| Saved entries |
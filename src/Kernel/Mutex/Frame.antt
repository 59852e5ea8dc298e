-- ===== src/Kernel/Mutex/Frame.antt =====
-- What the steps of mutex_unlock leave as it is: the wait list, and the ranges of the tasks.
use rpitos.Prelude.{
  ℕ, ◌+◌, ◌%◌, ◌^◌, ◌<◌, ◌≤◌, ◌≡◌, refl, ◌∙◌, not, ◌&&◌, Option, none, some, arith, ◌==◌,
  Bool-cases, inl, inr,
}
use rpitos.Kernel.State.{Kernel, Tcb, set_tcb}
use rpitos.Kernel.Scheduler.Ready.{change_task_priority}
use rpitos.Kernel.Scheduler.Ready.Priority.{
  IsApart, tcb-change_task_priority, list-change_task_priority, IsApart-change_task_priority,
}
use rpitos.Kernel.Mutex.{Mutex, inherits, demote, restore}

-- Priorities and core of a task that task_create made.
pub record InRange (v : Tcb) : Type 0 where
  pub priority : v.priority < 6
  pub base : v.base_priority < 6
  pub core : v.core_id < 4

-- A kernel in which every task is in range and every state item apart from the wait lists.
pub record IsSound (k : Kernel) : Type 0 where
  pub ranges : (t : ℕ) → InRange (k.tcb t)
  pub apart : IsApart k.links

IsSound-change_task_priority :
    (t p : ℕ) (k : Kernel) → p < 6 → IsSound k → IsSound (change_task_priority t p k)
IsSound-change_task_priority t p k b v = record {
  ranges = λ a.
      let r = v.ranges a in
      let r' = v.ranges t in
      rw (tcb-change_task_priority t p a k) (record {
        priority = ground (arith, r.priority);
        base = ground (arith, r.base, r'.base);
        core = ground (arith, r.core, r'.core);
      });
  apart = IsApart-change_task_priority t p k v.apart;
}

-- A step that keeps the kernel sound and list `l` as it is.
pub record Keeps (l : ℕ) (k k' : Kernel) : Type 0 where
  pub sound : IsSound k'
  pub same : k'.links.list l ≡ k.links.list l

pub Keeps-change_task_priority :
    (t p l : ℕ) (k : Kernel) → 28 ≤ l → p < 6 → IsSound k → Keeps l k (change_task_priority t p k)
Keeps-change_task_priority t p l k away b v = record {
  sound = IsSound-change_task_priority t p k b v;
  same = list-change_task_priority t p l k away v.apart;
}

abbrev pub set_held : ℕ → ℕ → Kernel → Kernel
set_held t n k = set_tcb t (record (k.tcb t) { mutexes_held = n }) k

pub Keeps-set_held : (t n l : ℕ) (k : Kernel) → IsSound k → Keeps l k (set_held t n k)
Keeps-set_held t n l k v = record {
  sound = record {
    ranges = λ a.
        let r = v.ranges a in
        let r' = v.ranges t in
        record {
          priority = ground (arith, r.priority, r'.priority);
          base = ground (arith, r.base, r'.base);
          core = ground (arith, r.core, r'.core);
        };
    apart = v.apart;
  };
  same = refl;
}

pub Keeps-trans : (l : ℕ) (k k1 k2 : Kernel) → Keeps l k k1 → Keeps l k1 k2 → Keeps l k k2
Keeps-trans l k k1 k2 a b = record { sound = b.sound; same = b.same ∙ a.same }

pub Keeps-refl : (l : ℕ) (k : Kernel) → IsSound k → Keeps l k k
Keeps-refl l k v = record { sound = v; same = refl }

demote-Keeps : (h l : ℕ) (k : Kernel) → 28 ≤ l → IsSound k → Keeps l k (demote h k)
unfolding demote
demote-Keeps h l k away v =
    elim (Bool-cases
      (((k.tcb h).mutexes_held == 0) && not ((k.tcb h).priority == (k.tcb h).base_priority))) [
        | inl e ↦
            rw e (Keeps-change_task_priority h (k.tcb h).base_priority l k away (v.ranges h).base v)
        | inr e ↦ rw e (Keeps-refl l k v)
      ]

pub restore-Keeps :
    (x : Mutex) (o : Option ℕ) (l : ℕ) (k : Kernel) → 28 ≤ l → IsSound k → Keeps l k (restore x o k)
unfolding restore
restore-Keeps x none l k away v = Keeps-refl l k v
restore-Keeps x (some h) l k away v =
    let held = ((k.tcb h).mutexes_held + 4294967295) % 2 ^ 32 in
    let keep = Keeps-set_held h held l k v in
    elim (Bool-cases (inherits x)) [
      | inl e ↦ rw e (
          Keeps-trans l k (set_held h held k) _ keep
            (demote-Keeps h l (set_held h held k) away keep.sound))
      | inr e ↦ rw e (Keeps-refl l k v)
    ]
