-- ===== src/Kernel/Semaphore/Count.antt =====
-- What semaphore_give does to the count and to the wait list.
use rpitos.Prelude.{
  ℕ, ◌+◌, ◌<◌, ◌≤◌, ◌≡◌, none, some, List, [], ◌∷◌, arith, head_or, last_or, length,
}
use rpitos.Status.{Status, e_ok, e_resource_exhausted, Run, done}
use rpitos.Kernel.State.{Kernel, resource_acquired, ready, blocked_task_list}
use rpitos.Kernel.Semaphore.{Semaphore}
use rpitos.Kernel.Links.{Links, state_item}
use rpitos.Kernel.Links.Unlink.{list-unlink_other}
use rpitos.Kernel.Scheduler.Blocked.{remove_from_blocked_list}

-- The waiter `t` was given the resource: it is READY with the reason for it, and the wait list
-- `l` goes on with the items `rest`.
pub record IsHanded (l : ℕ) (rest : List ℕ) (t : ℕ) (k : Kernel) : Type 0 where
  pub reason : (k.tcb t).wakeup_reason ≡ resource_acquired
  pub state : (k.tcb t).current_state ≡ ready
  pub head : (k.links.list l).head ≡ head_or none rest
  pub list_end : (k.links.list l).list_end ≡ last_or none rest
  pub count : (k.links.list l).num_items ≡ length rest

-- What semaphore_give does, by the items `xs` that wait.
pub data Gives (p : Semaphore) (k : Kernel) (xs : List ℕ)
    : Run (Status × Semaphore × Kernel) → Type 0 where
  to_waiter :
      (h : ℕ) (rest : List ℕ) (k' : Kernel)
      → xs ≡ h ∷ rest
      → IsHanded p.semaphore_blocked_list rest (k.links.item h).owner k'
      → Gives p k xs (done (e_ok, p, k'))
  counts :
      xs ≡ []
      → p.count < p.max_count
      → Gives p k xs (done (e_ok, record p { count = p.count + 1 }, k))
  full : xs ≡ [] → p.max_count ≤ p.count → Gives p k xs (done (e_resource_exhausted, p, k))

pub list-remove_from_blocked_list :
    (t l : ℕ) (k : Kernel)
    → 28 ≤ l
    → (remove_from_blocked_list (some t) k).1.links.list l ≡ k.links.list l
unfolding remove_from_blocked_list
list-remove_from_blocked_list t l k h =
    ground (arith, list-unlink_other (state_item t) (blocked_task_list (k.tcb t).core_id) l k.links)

| Brief |
Word for word, copy out all of the data shown above.

| Exercise output |
filename src/Kernel/Mutex/Frame.antt
repository 59852e5ea8dc298e
-- ===== src/Kernel/Mutex/Frame.antt =====
-- What the steps of mutex_unlock leave as it is: the wait list, and the ranges of the tasks.
use rpitos.Prelude.{
  ℕ, ◌+◌, ◌%◌, ◌^◌, ◌<◌, ◌≤◌, ◌≡◌, refl, ◌∙◌, not, ◌&&◌, Option, none, some, arith, ◌==◌,
  Bool-cases, inl, inr,
}
use rpitos.Kernel.State.{Kernel, Tcb, set_tcb}
use rpitos.Kernel.Scheduler.Ready.{change_task_priority}
use rpitos.Kernel.Scheduler.Ready.Priority.{
  IsApart, tcb-change_task_priority, list-change_task_priority, IsApart-change_task_priority,
}
use rpitos.Kernel.Mutex.{Mutex, inherits, demote, restore}

-- Priorities and core of a task that task_create made.
pub record InRange (v : Tcb) : Type 0 where
  pub priority : v.priority < 6
  pub base : v.base_priority < 6
  pub core : v.core_id < 4

-- A kernel in which every task is in range and every state item apart from the wait lists.
pub record IsSound (k : Kernel) : Type 0 where
  pub ranges : (t : ℕ) → InRange (k.tcb t)
  pub apart : IsApart k.links

IsSound-change_task_priority :
    (t p : ℕ) (k : Kernel) → p < 6 → IsSound k → IsSound (change_task_priority t p k)
IsSound-change_task_priority t p k b v = record {
  ranges = λ a.
      let r = v.ranges a in
      let r' = v.ranges t in
      rw (tcb-change_task_priority t p a k) (record {
        priority = ground (arith, r.priority);
        base = ground (arith, r.base, r'.base);
        core = ground (arith, r.core, r'.core);
      });
  apart = IsApart-change_task_priority t p k v.apart;
}

-- A step that keeps the kernel sound and list `l` as it is.
pub record Keeps (l : ℕ) (k k' : Kernel) : Type 0 where
  pub sound : IsSound k'
  pub same : k'.links.list l ≡ k.links.list l

pub Keeps-change_task_priority :
    (t p l : ℕ) (k : Kernel) → 28 ≤ l → p < 6 → IsSound k → Keeps l k (change_task_priority t p k)
Keeps-change_task_priority t p l k away b v = record {
  sound = IsSound-change_task_priority t p k b v;
  same = list-change_task_priority t p l k away v.apart;
}

abbrev pub set_held : ℕ → ℕ → Kernel → Kernel
set_held t n k = set_tcb t (record (k.tcb t) { mutexes_held = n }) k

pub Keeps-set_held : (t n l : ℕ) (k : Kernel) → IsSound k → Keeps l k (set_held t n k)
Keeps-set_held t n l k v = record {
  sound = record {
    ranges = λ a.
        let r = v.ranges a in
        let r' = v.ranges t in
        record {
          priority = ground (arith, r.priority, r'.priority);
          base = ground (arith, r.base, r'.base);
          core = ground (arith, r.core, r'.core);
        };
    apart = v.apart;
  };
  same = refl;
}

pub Keeps-trans : (l : ℕ) (k k1 k2 : Kernel) → Keeps l k k1 → Keeps l k1 k2 → Keeps l k k2
Keeps-trans l k k1 k2 a b = record { sound = b.sound; same = b.same ∙ a.same }

pub Keeps-refl : (l : ℕ) (k : Kernel) → IsSound k → Keeps l k k
Keeps-refl l k v = record { sound = v; same = refl }

demote-Keeps : (h l : ℕ) (k : Kernel) → 28 ≤ l → IsSound k → Keeps l k (demote h k)
unfolding demote
demote-Keeps h l k away v =
    elim (Bool-cases
      (((k.tcb h).mutexes_held == 0) && not ((k.tcb h).priority == (k.tcb h).base_priority))) [
        | inl e ↦
            rw e (Keeps-change_task_priority h (k.tcb h).base_priority l k away (v.ranges h).base v)
        | inr e ↦ rw e (Keeps-refl l k v)
      ]

pub restore-Keeps :
    (x : Mutex) (o : Option ℕ) (l : ℕ) (k : Kernel) → 28 ≤ l → IsSound k → Keeps l k (restore x o k)
unfolding restore
restore-Keeps x none l k away v = Keeps-refl l k v
restore-Keeps x (some h) l k away v =
    let held = ((k.tcb h).mutexes_held + 4294967295) % 2 ^ 32 in
    let keep = Keeps-set_held h held l k v in
    elim (Bool-cases (inherits x)) [
      | inl e ↦ rw e (
          Keeps-trans l k (set_held h held k) _ keep
            (demote-Keeps h l (set_held h held k) away keep.sound))
      | inr e ↦ rw e (Keeps-refl l k v)
    ]
-- ===== src/Kernel/Semaphore/Count.antt =====
-- What semaphore_give does to the count and to the wait list.
use rpitos.Prelude.{
  ℕ, ◌+◌, ◌<◌, ◌≤◌, ◌≡◌, none, some, List, [], ◌∷◌, arith, head_or, last_or, length,
}
use rpitos.Status.{Status, e_ok, e_resource_exhausted, Run, done}
use rpitos.Kernel.State.{Kernel, resource_acquired, ready, blocked_task_list}
use rpitos.Kernel.Semaphore.{Semaphore}
use rpitos.Kernel.Links.{Links, state_item}
use rpitos.Kernel.Links.Unlink.{list-unlink_other}
use rpitos.Kernel.Scheduler.Blocked.{remove_from_blocked_list}

-- The waiter `t` was given the resource: it is READY with the reason for it, and the wait list
-- `l` goes on with the items `rest`.
pub record IsHanded (l : ℕ) (rest : List ℕ) (t : ℕ) (k : Kernel) : Type 0 where
  pub reason : (k.tcb t).wakeup_reason ≡ resource_acquired
  pub state : (k.tcb t).current_state ≡ ready
  pub head : (k.links.list l).head ≡ head_or none rest
  pub list_end : (k.links.list l).list_end ≡ last_or none rest
  pub count : (k.links.list l).num_items ≡ length rest

-- What semaphore_give does, by the items `xs` that wait.
pub data Gives (p : Semaphore) (k : Kernel) (xs : List ℕ)
    : Run (Status × Semaphore × Kernel) → Type 0 where
  to_waiter :
      (h : ℕ) (rest : List ℕ) (k' : Kernel)
      → xs ≡ h ∷ rest
      → IsHanded p.semaphore_blocked_list rest (k.links.item h).owner k'
      → Gives p k xs (done (e_ok, p, k'))
  counts :
      xs ≡ []
      → p.count < p.max_count
      → Gives p k xs (done (e_ok, record p { count = p.count + 1 }, k))
  full : xs ≡ [] → p.max_count ≤ p.count → Gives p k xs (done (e_resource_exhausted, p, k))

pub list-remove_from_blocked_list :
    (t l : ℕ) (k : Kernel)
    → 28 ≤ l
    → (remove_from_blocked_list (some t) k).1.links.list l ≡ k.links.list l
unfolding remove_from_blocked_list
list-remove_from_blocked_list t l k h =
    ground (arith, list-unlink_other (state_item t) (blocked_task_list (k.tcb t).core_id) l k.links)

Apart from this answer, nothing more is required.